The closing of the year is a jumbled-up affair: The summing up of another year juxtaposed with setting up the next year. It’s not dissimilar to beginning a revision, which I’m (finally) undertaking for a short story I recently wrote. Both processes involve reviewing what you did, what you wish you did differently, and what you will do going forward. And, in both cases, it’s a good time to think about character. Writers use numerous techniques to make their fictional persons feel alive, something that greatly interests me as I edit that first draft where the protagonist feels a bit lacking in, well, character.[*] I recently read two books, one a novel and the other a short story collection, that approach the idea of character in compelling if divergent ways that illustrate what we as writers can really do to with our characters.

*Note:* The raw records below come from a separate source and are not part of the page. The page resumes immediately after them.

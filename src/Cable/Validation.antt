-- ===== src/Cable/Validation.antt =====
-- cable/src/validation.rs and `UserInfo` of cable/src/lib.rs: the limits on names and texts.
use cable_rs.Base.{ℕ, ◌&&◌, not, List, [], ◌∷◌, length, ltb, leb, if◌then◌else◌}
use cable_rs.Cable.Error.{
  Outcome, ok, raise, channel_length_incorrect, text_length_incorrect, topic_length_incorrect,
  username_length_incorrect,
}
use cable_rs.Cable.Types.{Channel, Text, Topic, UserInfo}
use cable_rs.Cable.Utf8.{chars_count}

unfoldable pub validate_channel : Channel → Outcome (Unit {0})
validate_channel channel =
    let channel_len = chars_count channel in
    if not (leb 1 channel_len && leb channel_len 64)
    then raise (channel_length_incorrect channel channel_len)
    else ok tt

unfoldable pub validate_text : Text → Outcome (Unit {0})
validate_text text =
    let text_len = length text in
    if ltb 4096 text_len then raise (text_length_incorrect text text_len) else ok tt

-- The code's bound is 521, where its comment says 512.
unfoldable pub validate_topic : Topic → Outcome (Unit {0})
validate_topic topic =
    let topic_len = chars_count topic in
    if ltb 521 topic_len then raise (topic_length_incorrect topic topic_len) else ok tt

-- The bytes of "name".
abbrev pub name_key : List ℕ
name_key = 110 ∷ 97 ∷ 109 ∷ 101 ∷ []

-- `UserInfo::name`
unfoldable pub user_name : List ℕ → Outcome UserInfo
user_name name =
    let name_len = chars_count name in
    if not (leb 1 name_len && leb name_len 32)
    then raise (username_length_incorrect name name_len)
    else ok (record { key = name_key; val = name })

Unknowable Versus Lacking Character

A clear sense of character or even lack of character, for example, isn’t necessarily a handicap to tale well told. In The Vegetarian,[†] Yeong-hye rarely speaks throughout the haunting tale that chronicles the manifestation and evolution of her madness. With the exception of an unsettling dream sequence she recounts (presumably to Mr. Cheong), her story, her words, and her life’s details are told through the perspectives of her husband, brother-in-law, and sister. She is in essence a negative presence, and each narrator can only react to her mysteriously changed behavior and/or guess at her actions. We, as readers, experience their bewilderment in tandem. The result is remarkable: Yeong-he, much like roots of her madness (and seemingly, all madness) remain unknowable.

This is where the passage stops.